2021-09-26lei: ensure refresh_watches isn't called from workers
Only the top-level lei-daemon will do inotify/kevent.
2021-09-26t/run.perl: less confusing error reporting
The $sigchld handler was reporting the last test (successful or not) for a given PID in case a worker dies prematurely. Instead, redisplay all failed test in $run_log to ensure the report only shows failed tests, and not the last started (and possibly successful) one.
2021-09-26inbox: cloneurl: avoid undef to hash table value
This saves us some memory for the hash slot in the common case the `cloneurl' file doesn't exist.
2021-09-26lei -f reply: fix Cc: header combining
When combining lines from To: and Cc: headers, ", " needs to be used to separate them.
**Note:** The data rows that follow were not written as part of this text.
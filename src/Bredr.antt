-- ===== src/Bredr.antt =====
-- The BR/EDR part of src/core/protocol: the codec, the bitstream decoder, and the link with the
-- recovery of its clock.
pub mod Packed
pub mod Fec13
pub mod Fec23
pub mod Whitening
pub mod PayloadCrc
pub mod Types
pub mod Hec
pub mod SyncWord
pub mod Air
pub mod Acl
pub mod Sync
pub mod Decode
pub mod Bitstream
pub mod Link
pub mod Recovery
mod Tests
mod PacketTests
mod StreamTests
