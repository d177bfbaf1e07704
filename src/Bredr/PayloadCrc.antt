-- ===== src/Bredr/PayloadCrc.antt =====
-- The payload checksum of src/core/protocol/bredr/bredr_codec.c: `bredr_reverse_byte` and
-- `bredr_payload_crc`.
pub mod Linear
pub mod Detect
use supertooth.Base.{ℕ, zero, suc, ◌+◌, bit_and, bit_or, bit_xor, Bytes, u8, u16, ◌<<<◌, ◌>>>◌}
use supertooth.Bredr.Packed.{get_packed_bit}

unfoldable pub reverse_byte : ℕ → ℕ
reverse_byte b =
    let b' = u8 (bit_or (bit_and b 0xf0 >>> 4) (bit_and b 0x0f <<< 4)) in
    let b'' = u8 (bit_or (bit_and b' 0xcc >>> 2) (bit_and b' 0x33 <<< 2)) in
    u8 (bit_or (bit_and b'' 0xaa >>> 1) (bit_and b'' 0x55 <<< 1))

-- The body of the loop, for one bit of the payload.
unfoldable pub crc_step : ℕ → ℕ → ℕ
crc_step reg bit =
    let r1 = u16 (bit_or (reg >>> 1) (bit_xor (bit_and reg 1) (bit_and bit 1) <<< 15)) in
    let r2 = u16 (bit_xor r1 (bit_and r1 0x8000 >>> 5)) in
    u16 (bit_xor r2 (bit_and r2 0x8000 >>> 12))

-- The loop at bit `i`, with `left` rounds to go.
unfoldable pub crc_steps : ℕ → ℕ → Bytes → ℕ → ℕ
crc_steps zero i bytes reg = reg
crc_steps (suc left) i bytes reg =
    crc_steps left (i + 1) bytes (crc_step reg (get_packed_bit bytes i))

unfoldable pub payload_crc : Bytes → ℕ → ℕ → ℕ
unfolding crc_steps crc_step
payload_crc bytes bit_count uap = crc_steps bit_count 0 bytes (u16 (reverse_byte uap <<< 8))
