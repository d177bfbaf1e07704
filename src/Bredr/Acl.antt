-- ===== src/Bredr/Acl.antt =====
-- ACL payloads: `bredr_parse_acl_payload` of src/core/protocol/bredr/bredr_codec.c.
pub mod Parse
pub mod Sent
pub mod RoundTrip
use supertooth.Base.{
  ℕ, zero, suc, ◌+◌, ◌*◌, ◌/◌, ◌%◌, bit_and, bit_or, Bool, true, false, ◌||◌, Bytes, at, drop,
  memcpy, replicate, ltb, leb, ◌==◌, if◌then◌else◌, flag, u8, u16, ◌<<<◌, ◌>>>◌,
}
use supertooth.Bredr.PayloadCrc.{payload_crc}
use supertooth.Bredr.Types.{
  AclPayload, Limit, limit_none, truncated_payload, impossible_acl_length, invalid_acl_header,
  acl_payload_header_bytes, acl_max_user_payload_bytes,
}

-- The result, the structure that is filled, and the limit that is reported.
pub record AclResult : Type 0 where
  pub accepted : Bool
  pub out : AclPayload
  pub limit : Limit

abbrev refused : AclPayload → Limit → AclResult
refused out limit = record { accepted = false; out = out; limit = limit }

-- `out->length`: five bits of the first byte, and five of the second where there is one.
unfoldable pub acl_length : Bytes → ℕ → ℕ
acl_length payload header_bytes =
    let low = u16 (bit_and (at payload 0 >>> 3) 0x1f) in
    if header_bytes == 2 then bit_or low (u16 (bit_and (at payload 1) 0x1f <<< 5)) else low

-- The structure when its length is known.
unfoldable pub acl_header : Bytes → ℕ → AclPayload
acl_header payload len = record {
  llid = u8 (bit_and (at payload 0) 0x03);
  flow = u8 (bit_and (at payload 0 >>> 2) 0x01);
  length = len;
  user_payload = replicate 1021 0;
  has_mic = 0;
  mic = 0;
  mic_ok = 0;
  has_crc = 0;
  crc = 0;
  crc_ok = 0;
}

-- The bytes that are copied, and the checksum if it was received.
unfoldable pub acl_body : Bytes → ℕ → ℕ → ℕ → ℕ → AclPayload
acl_body payload payload_len header_bytes len uap =
    let head = acl_header payload len in
    let filled = record head {
      user_payload = memcpy head.user_payload (drop header_bytes payload) len;
    } in
    let data_bytes = header_bytes + len in
    let received = u16 (bit_or (at payload data_bytes) (u16 (at payload (data_bytes + 1) <<< 8))) in
    if leb (data_bytes + 2) payload_len
    then record filled {
      has_crc = 1;
      crc = received;
      crc_ok = flag (payload_crc payload (data_bytes * 8) uap == received);
    }
    else filled

unfoldable pub parse_acl_payload : Bytes → ℕ → ℕ → ℕ → AclPayload → AclResult
parse_acl_payload payload payload_len type_code uap out =
    let header_bytes = acl_payload_header_bytes type_code in
    let max_user_bytes = acl_max_user_payload_bytes type_code in
    let len = acl_length payload header_bytes in
    if header_bytes == 0
    then refused out invalid_acl_header
    else if ltb payload_len header_bytes
    then refused out truncated_payload
    else if max_user_bytes == 0
    then refused (acl_header payload len) invalid_acl_header
    else if ltb max_user_bytes len
    then refused (acl_header payload len) impossible_acl_length
    else if ltb 1021 len
    then refused (acl_header payload len) invalid_acl_header
    else if ltb payload_len (header_bytes + len)
    then refused (acl_header payload len) truncated_payload
    else record {
      accepted = true;
      out = acl_body payload payload_len header_bytes len uap;
      limit = limit_none;
    }
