-- ===== src/Bredr/Acl/Parse.antt =====
-- What `bredr_parse_acl_payload` accepts.
use native.Mathlib.Decide.{dec_le}
use supertooth.Base.{
  ℕ, ◌+◌, ◌≤◌, ◌≡◌, ap, ◌∙◌, arith, true, Bytes, length, drop, replicate, length-memcpy,
  length-drop,
}
use supertooth.Bredr.Types.{acl_payload_header_bytes, acl_max_user_payload_bytes, AclPayload}
use supertooth.Bredr.Acl.{acl_length, acl_header, acl_body, parse_acl_payload}

max_user_le : (t : ℕ) → acl_max_user_payload_bytes t ≤ 339
unfolding acl_max_user_payload_bytes
max_user_le t = ground arith

acl_body-length :
    (payload : Bytes) (payload_len hb len uap : ℕ)
    → (acl_body payload payload_len hb len uap).length ≡ len
unfolding acl_body acl_header
acl_body-length payload payload_len hb len uap = elim (dec_le (hb + len + 2) payload_len) [
  | yes p ↦ ground (arith, p)
  | no p ↦ ground (arith, p)
]

acl_body-size :
    (payload : Bytes) (payload_len hb len uap : ℕ)
    → len ≤ 1021
    → hb + len ≤ length payload
    → length (acl_body payload payload_len hb len uap).user_payload ≡ 1021
unfolding acl_body acl_header
acl_body-size payload payload_len hb len uap p q =
    ground (arith, length-memcpy (replicate 1021 0) (drop hb payload) len, length-drop hb payload)

-- An accepted payload stays within the bytes received and within the array that it is copied to,
-- and its length is possible for the type of packet.
pub parse_acl_payload-fits :
    (payload : Bytes) (payload_len type_code uap : ℕ) (out : AclPayload)
    → payload_len ≤ length payload
    → (parse_acl_payload payload payload_len type_code uap out).accepted ≡ true
    → let p = (parse_acl_payload payload payload_len type_code uap out).out in
      (p.length ≤ acl_max_user_payload_bytes type_code)
      × (acl_payload_header_bytes type_code + p.length ≤ payload_len)
      × (length p.user_payload ≡ 1021)
unfolding parse_acl_payload
parse_acl_payload-fits payload payload_len type_code uap out h e =
    let hb = acl_payload_header_bytes type_code in
    let len = acl_length payload hb in
    let body = acl_body payload payload_len hb len uap in
    let result = parse_acl_payload payload payload_len type_code uap out in
    let split : (result.out ≡ body)
        × (len ≤ acl_max_user_payload_bytes type_code)
        × (hb + len ≤ payload_len) =
      ground arith in
    let (same, small, inside) = split in
    let size = ap (λ p. p.length) same ∙ acl_body-length payload payload_len hb len uap in
    (
      omega (arith, size),
      omega (arith, size),
      ap (λ p. length p.user_payload) same
          ∙ acl_body-size payload payload_len hb len uap (omega (arith, max_user_le type_code))
              (omega arith),
    )
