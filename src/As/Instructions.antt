-- ===== src/As/Instructions.antt =====
-- as/src/assembler.cc: the instructions in a line, by the operands that they take.
use irid.Base.{
  ℕ, ◌+◌, not, ◌&&◌, ◌||◌, List, [], ◌∷◌, none, some, ◌==◌, ltb, if◌then◌else◌, ok, stop,
}
use irid.Base.Bytes.{Bytes, codes}
use irid.Base.Results.{◌>>=◌, or_stop}
use irid.As.Numbers.{Assembling, error, crash, is_negative, parse_int}
use irid.As.Symbols.{is_valid_symbol, try_parse_register, instruction_id_from_mnemonic, entry}
use irid.As.State.{Assembler, size, low, high, insert_instruction, resolve_address_or_link}

-- The parts of a line, the mnemonic first.
abbrev pub Handler : Type 0
Handler = List Bytes → Assembler → Assembling Assembler

-- The number of a register, or an error.
unfoldable pub register : Bytes → Assembling ℕ
register text = or_stop error (try_parse_register text)

-- The number of the instruction, of which 0 is an exception.
unfoldable pub known_instruction : Bytes → Assembling ℕ
known_instruction mnemonic =
    let id = instruction_id_from_mnemonic mnemonic in if id == 0 then stop crash else ok id

-- An address: a symbol, whose value goes `behind` bytes behind the position, or a number.
unfoldable pub address : Bytes → ℕ → Assembler → Assembling (ℕ × Assembler)
address text behind s =
    if is_valid_symbol text
    then resolve_address_or_link text (size (s.pos + behind)) s
    else parse_int text >>= λ addr. ok (addr, s)

-- `ins_no_arguments`.
unfoldable pub ins_no_arguments : Handler
ins_no_arguments [] s = stop crash
ins_no_arguments (mnemonic ∷ []) s =
    insert_instruction (instruction_id_from_mnemonic mnemonic ∷ []) s
ins_no_arguments (mnemonic ∷ part ∷ parts) s = stop error

-- An immediate as the source of an instruction: a number below 256 takes a byte.
unfoldable pub insert_immediate : ℕ → ℕ → ℕ → Assembler → Assembling Assembler
insert_immediate id dest immediate s =
    if is_negative immediate || ltb immediate 256
    then insert_instruction ((id + 1) ∷ dest ∷ low immediate ∷ []) s
    else insert_instruction ((id + 2) ∷ dest ∷ low immediate ∷ high immediate ∷ []) s

-- A source that is not a register.
unfoldable pub insert_value : ℕ → ℕ → Bytes → Assembler → Assembling Assembler
insert_value id dest source s =
    if is_valid_symbol source
    then (resolve_address_or_link source (size (s.pos + 2)) s >>= λ (addr, s').
        insert_instruction ((id + 2) ∷ dest ∷ low addr ∷ high addr ∷ []) s')
    else parse_int source >>= λ immediate. insert_immediate id dest immediate s

-- `ins_dest_and_any`.
unfoldable pub ins_dest_and_any : Handler
ins_dest_and_any (mnemonic ∷ dest ∷ source ∷ []) s = known_instruction mnemonic >>= λ id.
    register dest >>= λ r. elim (try_parse_register source) [
      | some p ↦ insert_instruction (id ∷ r ∷ p ∷ []) s
      | none ↦ insert_value id r source s
    ]
ins_dest_and_any [] s = stop crash
ins_dest_and_any parts s = stop error

-- A count, which takes a byte.
unfoldable pub insert_count : ℕ → ℕ → ℕ → Assembler → Assembling Assembler
insert_count id dest value s =
    if not (is_negative value) && ltb 255 value
    then stop error
    else insert_instruction ((id + 1) ∷ dest ∷ low value ∷ []) s

-- `ins_dest_and_r8`.
unfoldable pub ins_dest_and_r8 : Handler
ins_dest_and_r8 (mnemonic ∷ dest ∷ source ∷ parts) s = known_instruction mnemonic >>= λ id.
    register dest >>= λ r. elim (try_parse_register source) [
      | some p ↦ insert_instruction (id ∷ r ∷ p ∷ []) s
      | none ↦ parse_int source >>= λ value. insert_count id r value s
    ]
ins_dest_and_r8 [] s = stop crash
ins_dest_and_r8 parts s = stop error

-- `ins_dest_and_addr`.
unfoldable pub ins_dest_and_addr : Handler
ins_dest_and_addr (mnemonic ∷ dest ∷ addr_str ∷ []) s = register dest >>= λ r.
    address addr_str 2 s >>= λ (addr, s').
    insert_instruction (instruction_id_from_mnemonic mnemonic ∷ r ∷ low addr ∷ high addr ∷ []) s'
ins_dest_and_addr [] s = stop crash
ins_dest_and_addr parts s = stop error

-- `ins_addr`.
unfoldable pub ins_addr : Handler
ins_addr (mnemonic ∷ addr_str ∷ parts) s = address addr_str 1 s >>= λ (addr, s').
    insert_instruction (instruction_id_from_mnemonic mnemonic ∷ low addr ∷ high addr ∷ []) s'
ins_addr [] s = stop crash
ins_addr parts s = stop error

-- `ins_register`.
unfoldable pub ins_register : Handler
ins_register (mnemonic ∷ reg ∷ parts) s =
    register reg >>= λ r. insert_instruction (instruction_id_from_mnemonic mnemonic ∷ r ∷ []) s
ins_register [] s = stop crash
ins_register parts s = stop error

-- `ins_load_and_store`.
unfoldable pub ins_load_and_store : ℕ → ℕ → Handler
ins_load_and_store r_instruction imm16_instruction (mnemonic ∷ reg ∷ addr_str ∷ parts) s =
    register reg >>= λ r. elim (try_parse_register addr_str) [
      | some p ↦ insert_instruction (r_instruction ∷ r ∷ p ∷ []) s
      | none ↦ address addr_str 2 s >>= λ (addr, s').
          insert_instruction (imm16_instruction ∷ r ∷ low addr ∷ high addr ∷ []) s'
    ]
ins_load_and_store r_instruction imm16_instruction [] s = stop crash
ins_load_and_store r_instruction imm16_instruction parts s = stop error

-- `ins_load` and `ins_store`.
abbrev pub ins_load : Handler
ins_load = ins_load_and_store 0x17 0x23

abbrev pub ins_store : Handler
ins_store = ins_load_and_store 0x18 0x24

-- `register_instruction_methods`.
abbrev pub instructions : List (Bytes × Handler)
instructions =
    (codes "cpucall", ins_no_arguments)
    ∷ (codes "ret", ins_no_arguments)
    ∷ (codes "rti", ins_no_arguments)
    ∷ (codes "sti", ins_no_arguments)
    ∷ (codes "dsi", ins_no_arguments)
    ∷ (codes "cfs", ins_no_arguments)
    ∷ (codes "mov", ins_dest_and_any)
    ∷ (codes "add", ins_dest_and_any)
    ∷ (codes "sub", ins_dest_and_any)
    ∷ (codes "cmp", ins_dest_and_any)
    ∷ (codes "cmg", ins_dest_and_any)
    ∷ (codes "cml", ins_dest_and_any)
    ∷ (codes "and", ins_dest_and_any)
    ∷ (codes "or", ins_dest_and_any)
    ∷ (codes "mul", ins_dest_and_any)
    ∷ (codes "push", ins_register)
    ∷ (codes "pop", ins_register)
    ∷ (codes "shr", ins_dest_and_r8)
    ∷ (codes "shl", ins_dest_and_r8)
    ∷ (codes "jnz", ins_dest_and_addr)
    ∷ (codes "load", ins_load)
    ∷ (codes "store", ins_store)
    ∷ (codes "jmp", ins_addr)
    ∷ (codes "jeq", ins_addr)
    ∷ (codes "call", ins_addr)
    ∷ []

-- `parse_instruction`.
unfoldable pub parse_instruction : Handler
parse_instruction [] s = stop crash
parse_instruction (mnemonic ∷ parts) s = elim (entry instructions mnemonic) [
  | none ↦ stop error
  | some method ↦ method (mnemonic ∷ parts) s
]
2021-09-26www_listing: support /all/ search as a 302 redirect
This allows users to search /all/ from the top-level WwwListing without extra manual steps, although there's still extra network roundtrips incurred. No vertical whitespace is added, and there's no clumsy radio buttons nor menus to deal with. Users only have to use a different <input type=submit /> button. I forgot how to do this until I realized we already do something similar with multiple submit buttons for threaded vs non-threaded mboxrd.gz downloads. Link: https://public-inbox.org/meta/20210827120845.29682-1-e@80x24.org/
2021-09-26lei note-event: ignore kw_changed exceptions
The note-event worker may see changes before a Xapian shard commit happens, meaning keyword lookups fail as a result. Just emit the request to the lei/store worker since it's a fairly cheap operation at this point. We'll try harder to look for kw changes, too, since deduplication changes may lead to multiple docids being resolved for a single message.